# Task

Build an algorithm that understands simple spoken commands.

# Metric

Multiclass Accuracy.

There are 12 possible labels for the Test set: `yes`, `no`, `up`, `down`, `left`, `right`, `on`, `off`, `stop`, `go`, `silence`, `unknown`.

The `unknown` label should be used for a command that is not one one of the first 10 labels or that is not `silence`.

# Submission Format

For audio clip in the test set, you must predict the correct `label`. The submission file should contain a header and have the following format:

```
fname,label
clip_000044442.wav,silence
clip_0000adecb.wav,left
clip_0000d4322.wav,unknown
etc.
```

# Dataset

- **train.7z** - Contains a few informational files and a folder of audio files.

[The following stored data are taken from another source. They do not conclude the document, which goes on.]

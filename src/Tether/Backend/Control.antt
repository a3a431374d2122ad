-- ===== src/Tether/Backend/Control.antt =====
-- bridges/tetheroffload/MddpBackend.cpp: messages of the modem, the control handshake, and switching
-- the offload on and off. `notification`, `receive`, `control` and `deactivate` call one another; the
-- depth of such calls is an argument here, and `Depth` shows that 1 is enough.
pub mod Depth
use android_device_ikko_mind.Common.{
  ℕ, zero, suc, ◌+◌, ◌-◌, ◌*◌, ◌^◌, ◌≤◌, Bool, true, false, not, ◌&&◌, ◌||◌, Option, none, some,
  List, [], ◌∷◌, ◌++◌, ltb, leb, ◌==◌, if◌then◌else◌, length, is_empty, take, get_or, replicate,
  to_le, bytes_eq,
}
use android_device_ikko_mind.Tether.Flow.{Bytes, ipproto_tcp, ipproto_udp}
use android_device_ikko_mind.Tether.Backend.{
  Host, Backend, Packet, Input, interrupted, again, broken, got, Notice, packet_magic, wake, poison,
  notice, request, drain, flush_flows,
}

-- `size < 16`, a wrong magic number, too long, or not as long as it says.
pub is_malformed : ℕ → Packet → Bool
is_malformed size p =
    ltb size 16
    || not (p.magic == packet_magic)
    || ltb 256 p.length_
    || not (size == 16 + p.length_)

-- The data that `notification` is given.
abbrev pub body_of : Packet → Bytes
body_of p = take p.length_ p.data_

-- `connectionMode`: the line read, and what it has to be, "MDDP is Connection base now".
abbrev pub connection_line : Bytes
connection_line =
    77 ∷ 68 ∷ 68 ∷ 80 ∷ 32 ∷ 105 ∷ 115 ∷ 32 ∷ 67 ∷ 111 ∷ 110 ∷ 110 ∷ 101 ∷ 99 ∷ 116 ∷ 105 ∷ 111
    ∷ 110 ∷ 32 ∷ 98 ∷ 97 ∷ 115 ∷ 101 ∷ 32 ∷ 110 ∷ 111 ∷ 119 ∷ []

is_connection : Option Bytes → Bool
is_connection none = false
is_connection (some line) = bytes_eq line connection_line

-- `sysctl`: a number that is positive and fits 32 bits, or the fallback.
pub sysctl_or : ℕ → Option ℕ → ℕ
sysctl_or fallback none = fallback
sysctl_or fallback (some v) = if ltb 0 v && ltb v (2 ^ 32) then v else fallback

-- The name of an interface in 16 bytes.
pub name_field : Bytes → Bytes
name_field s = take 16 (s ++ replicate 16 0)

module _ {W : Type 0} where
  -- `mGeneration` and the rest of what ends with the modem's restart, message 0x100.
  pub restarted : Backend W → Backend W
  restarted b = notice 4 [] (record b {
    generation = b.generation + 1;
    notices = [];
    active = false;
    quota = false;
    warned = false;
    v4 = false;
    v6 = false;
    flows = [];
    upstream = [];
    v4_address = [];
    downstream = [];
    downstreams = [];
    prefixes = [];
  })

module _ {W : Type 0} (host : Host W) where
  unfoldable pub connection_mode : Backend W → Bool × Backend W
  unfolding is_connection
  connection_mode b =
      let (line, w) = host.method_line b.world in (is_connection line, record b { world = w })

  -- The tail of `notification` from the point where `stopped` is known.
  ended : Bool → Bool → ℕ → Backend W → Backend W
  ended limit stopped status b =
      let failed = poison (request host 255 1 [] b).1 in
      let c : Backend W = if stopped then b else failed in
      let event : ℕ = if stopped then if limit then 5 else if status == 3 then 3 else 2 else 2 in
      notice event []
        (record c { quota = false; downstream = []; downstreams = []; v4 = false; v6 = false })

  -- How a handshake or a shutdown that fails ends.
  pub give_up : Backend W → Bool × Backend W
  give_up b = (false, (request host 255 1 [] (poison b)).1)

  module _ (deactivate : Backend W → Bool × Backend W) where
    -- The end of the offload, by the data limit or by a loss of the bearer.
    stop_by : Bool → Bool → ℕ → ℕ → Backend W → Backend W
    stop_by limit loss msg status b =
        let (stopped, c) = deactivate (record b { quota = false }) in
        let (drained, d) = drain host b in
        if limit || (loss && b.active && not (msg == 0x103))
        then ended limit stopped status c
        else ended limit drained status (record d { active = false; flows = [] })

    pub notification_with : ℕ → ℕ → ℕ → Bytes → Backend W → Backend W
    notification_with app msg status data_ b =
        let size = length data_ in
        let proto = get_or data_ 18 0 in
        let limit = msg == 0x104 && status == 5 && b.quota && b.active in
        let loss =
          (msg == 0x103 && status == 3) || (leb 0x100 msg && leb msg 0x103 && status == 2) in
        if not b.initialized || (not (app == 1) && not (app == 255))
        then b
        else if msg == 0x105 && status == 6 && size == 28
        then if proto == ipproto_tcp || proto == ipproto_udp then notice 0 data_ b else b
        else if msg == 0x100 && status == 4 && app == 1 && size == 4
        then restarted b
        else if (msg == 0x104 || msg == 0x106) && (not (app == 255) || not (size == 0))
        then b
        else if msg == 0x106 && status == 7 && b.active && b.quota && not b.warned
        then notice 6 [] (record b { warned = true })
        else if not limit && not loss
        then b
        else stop_by limit loss msg status b

    -- The rounds of `receive`; 256 of them without an end of input are too many.
    pub receive_loop : ℕ → Backend W → Bool × Backend W
    receive_loop zero b = (false, poison b)
    receive_loop (suc n) b =
        let (input, w) = host.read b.world in
        let c : Backend W = record b { world = w } in
        elim input [
          | interrupted ↦ receive_loop n c
          | again ↦ (true, c)
          | broken ↦ (false, poison c)
          | got size p ↦
              let d = notification_with p.app p.msg p.version (body_of p) c in
              let rest = receive_loop n d in
              if is_malformed size p
              then (false, poison c)
              else if d.reader_failed
              then (false, d)
              else rest
        ]

    pub receive_with : Backend W → Bool × Backend W
    receive_with b = receive_loop 256 b

    -- The rounds of the wait for the answer to `command`.
    await_loop : ℕ → ℕ → ℕ → Backend W → Bool × Backend W
    await_loop command expected zero b = give_up b
    await_loop command expected (suc n) b =
        let (input, w) = host.read b.world in
        let c : Backend W = record b { world = w } in
        elim input [
          | interrupted ↦ await_loop command expected n c
          | again ↦ await_loop command expected n c
          | broken ↦ give_up c
          | got size p ↦
              let d = notification_with p.app p.msg p.version (body_of p) c in
              let rest = await_loop command expected n d in
              if is_malformed size p
              then give_up c
              else if p.app == 1 && p.msg == 0x100 + command && p.length_ == 4
              then if p.version == expected
                then (true, if command == 0 then notice 4 [] c else c)
                else (false, c)
              else rest
        ]

    await_answer : ℕ → ℕ → Option Bytes × Backend W → Bool × Backend W
    await_answer command expected (none, b) = (false, b)
    await_answer command expected (some bytes, b) =
        let (n, w) = host.rounds b.world in await_loop command expected n (record b { world = w })

    pub control_with : ℕ → ℕ → Backend W → Bool × Backend W
    control_with command expected b =
        let (ready, c) = receive_with b in
        let app : ℕ = if ltb command 2 then 255 else 1 in
        let names : Bytes =
          if command == 2 then name_field c.upstream ++ name_field c.downstream else [] in
        if not ready
        then (false, c)
        else if command == 2
            && (is_empty c.upstream || is_empty c.downstream || (not c.v4 && not c.v6))
        then (false, c)
        else await_answer command expected (request host app command names c)

    unfoldable pub deactivate_with : Backend W → Bool × Backend W
    deactivate_with b =
        let (drained, b1) = drain host (record b { active = false; quota = false }) in
        let (flushed, b2) = flush_flows host b1 in
        let (answered, b3) = control_with 3 3 b2 in
        let (drained_again, b4) = drain host b3 in
        if not b.active
        then (true, b)
        else if not drained
        then give_up b1
        else if not flushed
        then give_up b2
        else if not answered
        then give_up b3
        else if not drained_again
        then give_up b4
        else (true, record b4 { downstream = [] })

  -- Calls within calls, to the given depth. At depth 0 the offload is taken to be off already.
  unfoldable pub deactivate_at : ℕ → Backend W → Bool × Backend W
  deactivate_at zero b = (true, b)
  deactivate_at (suc depth) b = deactivate_with (deactivate_at depth) b

  unfoldable pub deactivate : Backend W → Bool × Backend W
  deactivate b = deactivate_at 1 b

  pub notification : ℕ → ℕ → ℕ → Bytes → Backend W → Backend W
  notification app msg status data_ b = notification_with deactivate app msg status data_ b

  pub receive : Backend W → Bool × Backend W
  receive b = receive_with deactivate b

  pub control : ℕ → ℕ → Backend W → Bool × Backend W
  control command expected b = control_with deactivate command expected b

The audio folder contains subfolders with 1 second clips of voice commands, with the folder name being the label of the audio clip. There are more labels that should be predicted. The labels you will need to predict in Test are `yes`, `no`, `up`, `down`, `left`, `right`, `on`, `off`, `stop`, `go`. Everything else should be considered either `unknown` or `silence`. The folder `_background_noise_` contains longer clips of "silence" that you can break up and use as training input.
    
    The files contained in the training audio are not uniquely named across labels, but they are unique if you include the label folder. For example, `00f0204f_nohash_0.wav` is found in 14 folders, but that file is a different speech command in each folder.
    
    The files are named so the first element is the subject id of the person who gave the voice command, and the last element indicated repeated commands. Repeated commands are when the subject repeats the same word multiple times. Subject id is not provided for the test data, and you can assume that the majority of commands in the test data were from subjects not seen in train.
    
    You can expect some inconsistencies in the properties of the training data (e.g., length of the audio).
    
- **test.7z** - Contains an audio folder with 150,000+ files in the format `clip_000044442.wav`. The task is to predict the correct label. Not all of the files are evaluated for the leaderboard score.
- **sample_submission.csv** - A sample submission file in the correct format.